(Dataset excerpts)

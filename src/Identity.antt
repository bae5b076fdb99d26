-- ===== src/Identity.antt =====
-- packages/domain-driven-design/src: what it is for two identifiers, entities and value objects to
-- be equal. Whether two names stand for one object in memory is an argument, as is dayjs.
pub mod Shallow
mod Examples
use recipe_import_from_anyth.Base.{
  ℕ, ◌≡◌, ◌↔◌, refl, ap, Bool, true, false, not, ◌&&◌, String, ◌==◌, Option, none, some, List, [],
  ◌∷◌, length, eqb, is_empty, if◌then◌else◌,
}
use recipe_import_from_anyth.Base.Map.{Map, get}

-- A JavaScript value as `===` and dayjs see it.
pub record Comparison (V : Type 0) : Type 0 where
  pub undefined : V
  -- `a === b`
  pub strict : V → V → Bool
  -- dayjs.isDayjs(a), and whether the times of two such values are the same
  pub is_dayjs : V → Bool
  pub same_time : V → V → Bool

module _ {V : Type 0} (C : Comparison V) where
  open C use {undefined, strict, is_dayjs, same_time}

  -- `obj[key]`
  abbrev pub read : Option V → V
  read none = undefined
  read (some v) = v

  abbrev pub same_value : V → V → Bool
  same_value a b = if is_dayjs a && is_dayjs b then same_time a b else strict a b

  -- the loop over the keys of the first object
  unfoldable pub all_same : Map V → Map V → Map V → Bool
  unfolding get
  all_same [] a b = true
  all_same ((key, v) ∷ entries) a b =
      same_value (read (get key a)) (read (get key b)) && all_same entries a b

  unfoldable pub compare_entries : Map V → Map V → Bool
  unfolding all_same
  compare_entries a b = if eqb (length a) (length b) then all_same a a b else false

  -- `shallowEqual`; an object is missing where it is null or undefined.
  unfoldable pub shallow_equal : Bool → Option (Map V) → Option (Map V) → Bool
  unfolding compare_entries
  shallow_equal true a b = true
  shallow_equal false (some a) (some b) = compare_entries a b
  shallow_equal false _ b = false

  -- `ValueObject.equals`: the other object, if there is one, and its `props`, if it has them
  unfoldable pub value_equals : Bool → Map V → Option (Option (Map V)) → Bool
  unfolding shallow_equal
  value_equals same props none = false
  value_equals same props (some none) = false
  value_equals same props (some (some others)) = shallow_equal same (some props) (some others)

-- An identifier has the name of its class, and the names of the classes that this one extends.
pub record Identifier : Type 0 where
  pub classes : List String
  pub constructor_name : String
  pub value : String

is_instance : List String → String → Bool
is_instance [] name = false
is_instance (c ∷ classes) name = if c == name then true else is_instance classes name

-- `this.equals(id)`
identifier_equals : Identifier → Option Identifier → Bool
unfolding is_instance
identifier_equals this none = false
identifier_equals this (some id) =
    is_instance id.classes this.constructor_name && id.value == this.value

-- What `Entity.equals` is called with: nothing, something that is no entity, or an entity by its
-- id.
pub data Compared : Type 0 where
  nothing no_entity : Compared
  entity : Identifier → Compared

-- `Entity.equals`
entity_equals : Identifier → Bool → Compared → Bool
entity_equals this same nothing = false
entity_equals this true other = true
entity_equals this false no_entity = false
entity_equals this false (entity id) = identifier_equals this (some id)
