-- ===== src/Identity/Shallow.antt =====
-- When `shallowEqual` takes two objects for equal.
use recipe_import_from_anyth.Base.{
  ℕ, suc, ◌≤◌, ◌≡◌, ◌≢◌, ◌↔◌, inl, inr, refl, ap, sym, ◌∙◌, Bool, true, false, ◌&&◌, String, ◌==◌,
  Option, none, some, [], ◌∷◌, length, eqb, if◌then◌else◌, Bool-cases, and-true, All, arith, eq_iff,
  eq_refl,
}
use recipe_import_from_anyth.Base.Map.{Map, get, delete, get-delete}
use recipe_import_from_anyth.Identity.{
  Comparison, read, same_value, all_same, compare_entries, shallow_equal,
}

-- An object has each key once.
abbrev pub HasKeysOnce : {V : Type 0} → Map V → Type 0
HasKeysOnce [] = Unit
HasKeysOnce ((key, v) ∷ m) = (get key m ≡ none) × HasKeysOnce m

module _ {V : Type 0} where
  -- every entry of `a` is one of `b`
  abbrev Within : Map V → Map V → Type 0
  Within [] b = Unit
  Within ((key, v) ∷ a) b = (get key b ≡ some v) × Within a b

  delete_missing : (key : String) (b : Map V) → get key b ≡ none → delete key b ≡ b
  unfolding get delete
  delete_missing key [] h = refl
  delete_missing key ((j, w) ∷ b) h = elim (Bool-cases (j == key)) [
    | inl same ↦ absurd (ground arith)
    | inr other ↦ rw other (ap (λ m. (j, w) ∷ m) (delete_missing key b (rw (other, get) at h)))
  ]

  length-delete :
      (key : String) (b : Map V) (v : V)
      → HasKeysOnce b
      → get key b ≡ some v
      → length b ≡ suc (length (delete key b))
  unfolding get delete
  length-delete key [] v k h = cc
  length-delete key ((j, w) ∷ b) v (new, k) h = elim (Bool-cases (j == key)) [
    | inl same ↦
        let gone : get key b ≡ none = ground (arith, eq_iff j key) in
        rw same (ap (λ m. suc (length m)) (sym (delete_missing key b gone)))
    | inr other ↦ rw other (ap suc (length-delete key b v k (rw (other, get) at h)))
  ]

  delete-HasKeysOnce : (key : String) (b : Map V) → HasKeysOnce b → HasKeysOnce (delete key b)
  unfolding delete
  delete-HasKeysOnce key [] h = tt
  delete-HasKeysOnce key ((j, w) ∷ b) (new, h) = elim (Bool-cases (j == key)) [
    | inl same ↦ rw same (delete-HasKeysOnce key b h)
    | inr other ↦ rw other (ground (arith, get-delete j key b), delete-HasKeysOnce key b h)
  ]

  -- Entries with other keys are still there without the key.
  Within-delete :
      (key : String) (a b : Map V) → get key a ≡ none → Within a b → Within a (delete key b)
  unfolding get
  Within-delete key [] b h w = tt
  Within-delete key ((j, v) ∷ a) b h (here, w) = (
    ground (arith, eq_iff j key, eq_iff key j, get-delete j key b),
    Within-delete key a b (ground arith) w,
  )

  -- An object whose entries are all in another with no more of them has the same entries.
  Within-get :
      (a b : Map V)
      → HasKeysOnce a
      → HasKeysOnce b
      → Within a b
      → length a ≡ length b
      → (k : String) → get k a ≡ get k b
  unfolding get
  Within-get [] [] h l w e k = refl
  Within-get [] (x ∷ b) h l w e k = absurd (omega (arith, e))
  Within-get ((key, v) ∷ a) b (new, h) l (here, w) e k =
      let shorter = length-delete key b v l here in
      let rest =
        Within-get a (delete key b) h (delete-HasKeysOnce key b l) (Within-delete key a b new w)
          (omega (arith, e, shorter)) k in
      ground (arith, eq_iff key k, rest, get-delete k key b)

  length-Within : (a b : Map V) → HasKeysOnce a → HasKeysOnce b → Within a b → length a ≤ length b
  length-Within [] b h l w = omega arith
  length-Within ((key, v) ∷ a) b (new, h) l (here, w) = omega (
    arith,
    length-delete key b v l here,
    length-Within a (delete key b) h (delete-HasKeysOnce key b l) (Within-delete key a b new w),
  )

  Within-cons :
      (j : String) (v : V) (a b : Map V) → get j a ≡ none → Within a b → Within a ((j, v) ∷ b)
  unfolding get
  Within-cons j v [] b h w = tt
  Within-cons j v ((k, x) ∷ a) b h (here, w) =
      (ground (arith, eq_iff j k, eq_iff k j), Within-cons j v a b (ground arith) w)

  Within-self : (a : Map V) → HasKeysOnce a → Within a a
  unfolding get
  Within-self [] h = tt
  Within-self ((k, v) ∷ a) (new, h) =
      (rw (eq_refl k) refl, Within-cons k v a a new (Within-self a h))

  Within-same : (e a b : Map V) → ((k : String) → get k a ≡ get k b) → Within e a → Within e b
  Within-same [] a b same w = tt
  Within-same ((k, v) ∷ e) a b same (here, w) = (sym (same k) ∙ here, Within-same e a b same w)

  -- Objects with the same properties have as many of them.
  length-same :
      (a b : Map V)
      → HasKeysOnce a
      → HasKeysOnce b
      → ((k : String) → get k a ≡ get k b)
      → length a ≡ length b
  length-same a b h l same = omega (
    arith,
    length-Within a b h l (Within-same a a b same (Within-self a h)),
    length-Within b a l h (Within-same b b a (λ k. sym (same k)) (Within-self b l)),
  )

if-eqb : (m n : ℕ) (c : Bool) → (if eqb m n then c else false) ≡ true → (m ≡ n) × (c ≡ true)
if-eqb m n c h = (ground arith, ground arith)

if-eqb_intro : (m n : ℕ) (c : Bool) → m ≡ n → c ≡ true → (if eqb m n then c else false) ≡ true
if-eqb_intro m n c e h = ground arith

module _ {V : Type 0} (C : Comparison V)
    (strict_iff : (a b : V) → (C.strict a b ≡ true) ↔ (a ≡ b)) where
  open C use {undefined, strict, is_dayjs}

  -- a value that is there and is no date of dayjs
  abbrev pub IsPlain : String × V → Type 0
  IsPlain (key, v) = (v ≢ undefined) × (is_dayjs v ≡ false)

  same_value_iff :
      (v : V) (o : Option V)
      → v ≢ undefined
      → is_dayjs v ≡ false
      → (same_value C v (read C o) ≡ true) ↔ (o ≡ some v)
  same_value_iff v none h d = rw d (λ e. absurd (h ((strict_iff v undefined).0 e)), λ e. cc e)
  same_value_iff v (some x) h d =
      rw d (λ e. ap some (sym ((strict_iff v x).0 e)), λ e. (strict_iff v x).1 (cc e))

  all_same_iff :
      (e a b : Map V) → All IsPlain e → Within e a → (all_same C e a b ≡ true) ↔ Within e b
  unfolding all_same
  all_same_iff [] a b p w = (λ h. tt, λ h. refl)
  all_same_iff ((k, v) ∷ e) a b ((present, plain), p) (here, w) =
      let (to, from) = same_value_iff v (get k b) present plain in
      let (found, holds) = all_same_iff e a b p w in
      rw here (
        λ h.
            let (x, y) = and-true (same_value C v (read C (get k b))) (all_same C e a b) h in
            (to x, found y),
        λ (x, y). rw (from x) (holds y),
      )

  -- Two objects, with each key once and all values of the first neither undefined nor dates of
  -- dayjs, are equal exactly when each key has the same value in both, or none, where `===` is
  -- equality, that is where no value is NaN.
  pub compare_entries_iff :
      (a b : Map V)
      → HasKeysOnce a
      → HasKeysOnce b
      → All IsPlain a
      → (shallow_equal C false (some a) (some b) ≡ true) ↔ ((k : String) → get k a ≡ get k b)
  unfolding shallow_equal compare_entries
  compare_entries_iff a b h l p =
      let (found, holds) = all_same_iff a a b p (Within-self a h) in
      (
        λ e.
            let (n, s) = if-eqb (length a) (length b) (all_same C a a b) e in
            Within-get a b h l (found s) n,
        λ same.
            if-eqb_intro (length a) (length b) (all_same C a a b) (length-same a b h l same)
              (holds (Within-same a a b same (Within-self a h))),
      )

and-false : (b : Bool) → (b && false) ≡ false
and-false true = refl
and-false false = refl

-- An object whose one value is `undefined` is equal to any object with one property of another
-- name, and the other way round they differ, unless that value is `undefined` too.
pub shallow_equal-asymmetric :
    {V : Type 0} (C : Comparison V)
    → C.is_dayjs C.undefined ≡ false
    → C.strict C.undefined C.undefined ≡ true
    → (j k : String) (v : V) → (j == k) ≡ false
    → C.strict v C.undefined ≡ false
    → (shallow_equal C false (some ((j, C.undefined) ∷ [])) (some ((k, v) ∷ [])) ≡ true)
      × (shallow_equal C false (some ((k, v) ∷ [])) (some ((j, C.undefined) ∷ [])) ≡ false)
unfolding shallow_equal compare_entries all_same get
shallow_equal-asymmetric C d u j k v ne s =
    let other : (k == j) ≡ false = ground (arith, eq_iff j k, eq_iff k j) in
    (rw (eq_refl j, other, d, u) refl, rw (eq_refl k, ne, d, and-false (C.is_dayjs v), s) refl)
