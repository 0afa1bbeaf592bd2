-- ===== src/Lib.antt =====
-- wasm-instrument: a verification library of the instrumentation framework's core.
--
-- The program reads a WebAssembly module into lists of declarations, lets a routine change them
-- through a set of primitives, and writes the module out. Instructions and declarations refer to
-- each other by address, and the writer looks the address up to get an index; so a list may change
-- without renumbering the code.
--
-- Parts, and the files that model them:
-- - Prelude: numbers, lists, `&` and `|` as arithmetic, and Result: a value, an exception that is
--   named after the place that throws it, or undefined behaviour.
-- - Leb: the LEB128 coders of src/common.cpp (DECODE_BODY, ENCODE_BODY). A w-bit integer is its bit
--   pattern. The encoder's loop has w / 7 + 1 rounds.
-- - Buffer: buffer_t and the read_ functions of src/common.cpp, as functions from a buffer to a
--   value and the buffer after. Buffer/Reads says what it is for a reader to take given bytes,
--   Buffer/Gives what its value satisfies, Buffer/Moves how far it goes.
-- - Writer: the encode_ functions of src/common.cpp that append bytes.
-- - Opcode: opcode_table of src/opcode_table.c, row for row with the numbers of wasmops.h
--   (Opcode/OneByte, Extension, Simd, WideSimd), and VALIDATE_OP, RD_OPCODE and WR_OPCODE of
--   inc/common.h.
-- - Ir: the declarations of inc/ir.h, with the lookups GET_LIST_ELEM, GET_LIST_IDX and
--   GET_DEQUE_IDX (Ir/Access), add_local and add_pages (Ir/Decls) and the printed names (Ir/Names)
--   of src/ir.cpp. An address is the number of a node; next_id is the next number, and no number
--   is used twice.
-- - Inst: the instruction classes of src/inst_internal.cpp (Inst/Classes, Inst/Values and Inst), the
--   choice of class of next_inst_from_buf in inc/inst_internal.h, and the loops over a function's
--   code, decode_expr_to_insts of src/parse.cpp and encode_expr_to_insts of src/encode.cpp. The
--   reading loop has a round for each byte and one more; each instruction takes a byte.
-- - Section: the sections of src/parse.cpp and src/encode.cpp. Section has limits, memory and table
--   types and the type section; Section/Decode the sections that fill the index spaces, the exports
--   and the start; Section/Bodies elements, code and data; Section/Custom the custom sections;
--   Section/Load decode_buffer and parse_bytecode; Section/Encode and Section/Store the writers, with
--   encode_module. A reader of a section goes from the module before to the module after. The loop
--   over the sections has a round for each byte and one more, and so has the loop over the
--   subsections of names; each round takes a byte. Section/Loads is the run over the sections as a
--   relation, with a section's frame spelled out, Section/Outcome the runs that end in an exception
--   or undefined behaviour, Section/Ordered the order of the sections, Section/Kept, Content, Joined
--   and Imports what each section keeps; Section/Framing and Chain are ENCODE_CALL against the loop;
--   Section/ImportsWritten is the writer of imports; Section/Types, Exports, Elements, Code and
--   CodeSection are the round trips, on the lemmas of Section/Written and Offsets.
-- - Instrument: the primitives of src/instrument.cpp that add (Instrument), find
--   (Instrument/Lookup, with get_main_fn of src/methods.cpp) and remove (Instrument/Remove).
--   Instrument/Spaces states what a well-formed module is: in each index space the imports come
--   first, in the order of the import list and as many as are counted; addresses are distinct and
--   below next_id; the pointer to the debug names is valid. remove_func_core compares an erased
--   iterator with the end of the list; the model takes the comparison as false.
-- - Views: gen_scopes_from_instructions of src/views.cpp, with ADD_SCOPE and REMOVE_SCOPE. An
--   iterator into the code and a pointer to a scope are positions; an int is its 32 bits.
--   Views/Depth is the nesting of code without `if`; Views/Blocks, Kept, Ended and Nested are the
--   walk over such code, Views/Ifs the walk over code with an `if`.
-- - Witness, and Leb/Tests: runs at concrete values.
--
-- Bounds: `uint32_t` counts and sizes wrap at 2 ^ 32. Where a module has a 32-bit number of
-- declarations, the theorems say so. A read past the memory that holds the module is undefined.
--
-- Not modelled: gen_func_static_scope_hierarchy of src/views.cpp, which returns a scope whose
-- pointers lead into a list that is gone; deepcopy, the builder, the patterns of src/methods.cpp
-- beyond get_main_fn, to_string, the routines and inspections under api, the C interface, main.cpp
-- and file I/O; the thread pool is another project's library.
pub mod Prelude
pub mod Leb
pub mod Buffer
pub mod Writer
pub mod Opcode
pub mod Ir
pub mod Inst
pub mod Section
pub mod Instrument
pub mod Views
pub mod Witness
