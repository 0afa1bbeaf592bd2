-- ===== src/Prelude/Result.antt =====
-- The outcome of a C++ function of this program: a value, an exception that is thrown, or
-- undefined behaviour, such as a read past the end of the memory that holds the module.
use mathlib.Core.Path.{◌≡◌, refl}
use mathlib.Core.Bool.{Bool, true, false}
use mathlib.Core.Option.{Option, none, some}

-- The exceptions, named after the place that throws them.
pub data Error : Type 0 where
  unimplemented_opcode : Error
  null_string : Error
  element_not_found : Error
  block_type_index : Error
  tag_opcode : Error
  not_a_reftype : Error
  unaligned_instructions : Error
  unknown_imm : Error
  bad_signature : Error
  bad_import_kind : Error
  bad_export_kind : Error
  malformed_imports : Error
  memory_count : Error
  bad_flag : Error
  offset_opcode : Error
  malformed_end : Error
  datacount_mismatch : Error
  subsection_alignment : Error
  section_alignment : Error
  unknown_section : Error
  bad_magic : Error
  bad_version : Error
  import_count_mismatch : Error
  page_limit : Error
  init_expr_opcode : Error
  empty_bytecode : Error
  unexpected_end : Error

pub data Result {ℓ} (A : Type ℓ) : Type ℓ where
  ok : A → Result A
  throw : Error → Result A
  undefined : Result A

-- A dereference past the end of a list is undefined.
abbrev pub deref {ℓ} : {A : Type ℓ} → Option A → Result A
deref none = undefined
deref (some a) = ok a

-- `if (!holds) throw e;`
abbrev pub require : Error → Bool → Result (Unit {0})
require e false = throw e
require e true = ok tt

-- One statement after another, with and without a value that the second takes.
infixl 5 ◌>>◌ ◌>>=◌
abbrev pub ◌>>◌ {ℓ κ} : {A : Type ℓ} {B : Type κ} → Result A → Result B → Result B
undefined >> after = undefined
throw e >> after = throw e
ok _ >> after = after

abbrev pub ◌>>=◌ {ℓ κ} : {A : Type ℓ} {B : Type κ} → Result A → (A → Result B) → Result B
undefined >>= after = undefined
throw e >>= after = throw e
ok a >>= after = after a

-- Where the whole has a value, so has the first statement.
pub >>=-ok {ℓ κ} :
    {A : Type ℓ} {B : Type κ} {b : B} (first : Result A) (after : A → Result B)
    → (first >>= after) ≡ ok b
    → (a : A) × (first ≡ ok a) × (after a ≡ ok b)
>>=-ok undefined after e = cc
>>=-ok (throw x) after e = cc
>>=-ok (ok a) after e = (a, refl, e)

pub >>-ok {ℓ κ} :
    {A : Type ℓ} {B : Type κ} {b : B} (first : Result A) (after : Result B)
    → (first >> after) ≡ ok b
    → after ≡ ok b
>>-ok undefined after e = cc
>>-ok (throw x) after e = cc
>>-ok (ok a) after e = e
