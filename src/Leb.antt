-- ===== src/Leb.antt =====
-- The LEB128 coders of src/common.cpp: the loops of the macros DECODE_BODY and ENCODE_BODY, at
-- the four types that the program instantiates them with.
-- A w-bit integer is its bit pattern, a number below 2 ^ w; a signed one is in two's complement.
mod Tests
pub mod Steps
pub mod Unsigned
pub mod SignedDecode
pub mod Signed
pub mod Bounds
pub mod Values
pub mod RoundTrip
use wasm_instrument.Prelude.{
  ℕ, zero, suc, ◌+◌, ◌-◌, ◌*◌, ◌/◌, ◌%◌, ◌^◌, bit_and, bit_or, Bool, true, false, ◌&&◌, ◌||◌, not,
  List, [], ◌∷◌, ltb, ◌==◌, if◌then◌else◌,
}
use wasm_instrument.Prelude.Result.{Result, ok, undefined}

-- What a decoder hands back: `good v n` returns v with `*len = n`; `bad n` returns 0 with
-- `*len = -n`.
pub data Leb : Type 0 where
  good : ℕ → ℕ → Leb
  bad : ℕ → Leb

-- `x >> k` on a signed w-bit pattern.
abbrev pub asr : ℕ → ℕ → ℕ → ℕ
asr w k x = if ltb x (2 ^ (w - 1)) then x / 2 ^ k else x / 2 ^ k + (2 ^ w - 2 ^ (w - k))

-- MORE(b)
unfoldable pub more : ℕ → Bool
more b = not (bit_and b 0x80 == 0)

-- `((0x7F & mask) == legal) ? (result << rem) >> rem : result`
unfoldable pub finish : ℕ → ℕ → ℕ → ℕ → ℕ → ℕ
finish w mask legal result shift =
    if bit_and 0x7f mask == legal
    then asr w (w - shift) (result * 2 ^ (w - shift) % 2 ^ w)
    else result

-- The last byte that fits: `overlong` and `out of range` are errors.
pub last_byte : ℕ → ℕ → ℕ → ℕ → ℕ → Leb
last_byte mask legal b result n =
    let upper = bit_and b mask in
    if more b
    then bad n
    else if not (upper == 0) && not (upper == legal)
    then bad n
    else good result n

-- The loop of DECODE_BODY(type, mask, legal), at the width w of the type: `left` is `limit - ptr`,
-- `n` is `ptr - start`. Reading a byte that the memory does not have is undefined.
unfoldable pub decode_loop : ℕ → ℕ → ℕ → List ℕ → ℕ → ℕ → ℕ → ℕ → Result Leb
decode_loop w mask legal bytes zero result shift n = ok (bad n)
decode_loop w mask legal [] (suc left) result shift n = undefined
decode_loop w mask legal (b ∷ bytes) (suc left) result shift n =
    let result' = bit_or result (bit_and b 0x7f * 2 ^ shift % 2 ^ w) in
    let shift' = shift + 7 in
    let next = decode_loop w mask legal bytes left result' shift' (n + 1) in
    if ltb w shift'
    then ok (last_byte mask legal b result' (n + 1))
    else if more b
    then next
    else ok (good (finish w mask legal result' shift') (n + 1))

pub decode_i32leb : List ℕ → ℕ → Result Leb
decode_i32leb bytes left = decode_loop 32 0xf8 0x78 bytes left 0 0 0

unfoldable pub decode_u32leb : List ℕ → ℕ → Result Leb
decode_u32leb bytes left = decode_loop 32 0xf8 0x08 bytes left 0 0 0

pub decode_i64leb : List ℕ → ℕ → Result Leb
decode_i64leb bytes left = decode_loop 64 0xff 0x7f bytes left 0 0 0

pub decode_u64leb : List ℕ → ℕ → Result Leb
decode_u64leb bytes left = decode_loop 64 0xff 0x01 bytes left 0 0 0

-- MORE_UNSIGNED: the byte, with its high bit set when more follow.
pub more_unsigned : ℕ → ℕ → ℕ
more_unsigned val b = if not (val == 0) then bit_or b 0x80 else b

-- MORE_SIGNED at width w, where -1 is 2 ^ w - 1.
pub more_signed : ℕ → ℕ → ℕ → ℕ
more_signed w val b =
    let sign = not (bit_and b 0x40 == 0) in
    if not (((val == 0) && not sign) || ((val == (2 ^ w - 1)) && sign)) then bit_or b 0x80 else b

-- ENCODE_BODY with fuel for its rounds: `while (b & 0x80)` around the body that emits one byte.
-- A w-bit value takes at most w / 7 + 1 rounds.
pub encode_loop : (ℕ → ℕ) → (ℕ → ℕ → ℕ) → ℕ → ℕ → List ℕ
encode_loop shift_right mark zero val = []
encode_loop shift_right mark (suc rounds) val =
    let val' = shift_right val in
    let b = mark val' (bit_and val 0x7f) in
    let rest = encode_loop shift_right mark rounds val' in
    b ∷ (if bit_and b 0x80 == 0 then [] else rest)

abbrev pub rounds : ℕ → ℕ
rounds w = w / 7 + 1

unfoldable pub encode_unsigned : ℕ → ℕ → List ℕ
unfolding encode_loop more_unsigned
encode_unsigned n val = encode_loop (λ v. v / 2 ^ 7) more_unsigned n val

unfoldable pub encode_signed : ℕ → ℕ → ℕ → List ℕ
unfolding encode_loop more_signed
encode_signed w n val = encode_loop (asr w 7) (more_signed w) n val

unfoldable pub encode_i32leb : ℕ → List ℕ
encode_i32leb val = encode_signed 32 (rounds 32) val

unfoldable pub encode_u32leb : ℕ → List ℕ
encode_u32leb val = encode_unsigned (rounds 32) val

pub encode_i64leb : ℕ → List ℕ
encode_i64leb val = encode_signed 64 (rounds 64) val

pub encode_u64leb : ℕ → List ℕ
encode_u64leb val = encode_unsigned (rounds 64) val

■ **WHAT NEEDS TO BE DONE**
Keeping every character as it is, restate the lines above that run from the line with "compare_entries_iff a b" through the line with "unfolding shallow_equal compare_entries all_same", both included, and nothing else.

■ **ANSWER BELOW**
  compare_entries_iff a b h l p =
      let (found, holds) = all_same_iff a a b p (Within-self a h) in
      (
        λ e.
            let (n, s) = if-eqb (length a) (length b) (all_same C a a b) e in
            Within-get a b h l (found s) n,
        λ same.
            if-eqb_intro (length a) (length b) (all_same C a a b) (length-same a b h l same)
              (holds (Within-same a a b same (Within-self a h))),
      )

and-false : (b : Bool) → (b && false) ≡ false
and-false true = refl
and-false false = refl

-- An object whose one value is `undefined` is equal to any object with one property of another
-- name, and the other way round they differ, unless that value is `undefined` too.
pub shallow_equal-asymmetric :
    {V : Type 0} (C : Comparison V)
    → C.is_dayjs C.undefined ≡ false
    → C.strict C.undefined C.undefined ≡ true
    → (j k : String) (v : V) → (j == k) ≡ false
    → C.strict v C.undefined ≡ false
    → (shallow_equal C false (some ((j, C.undefined) ∷ [])) (some ((k, v) ∷ [])) ≡ true)
      × (shallow_equal C false (some ((k, v) ∷ [])) (some ((j, C.undefined) ∷ [])) ≡ false)
unfolding shallow_equal compare_entries all_same get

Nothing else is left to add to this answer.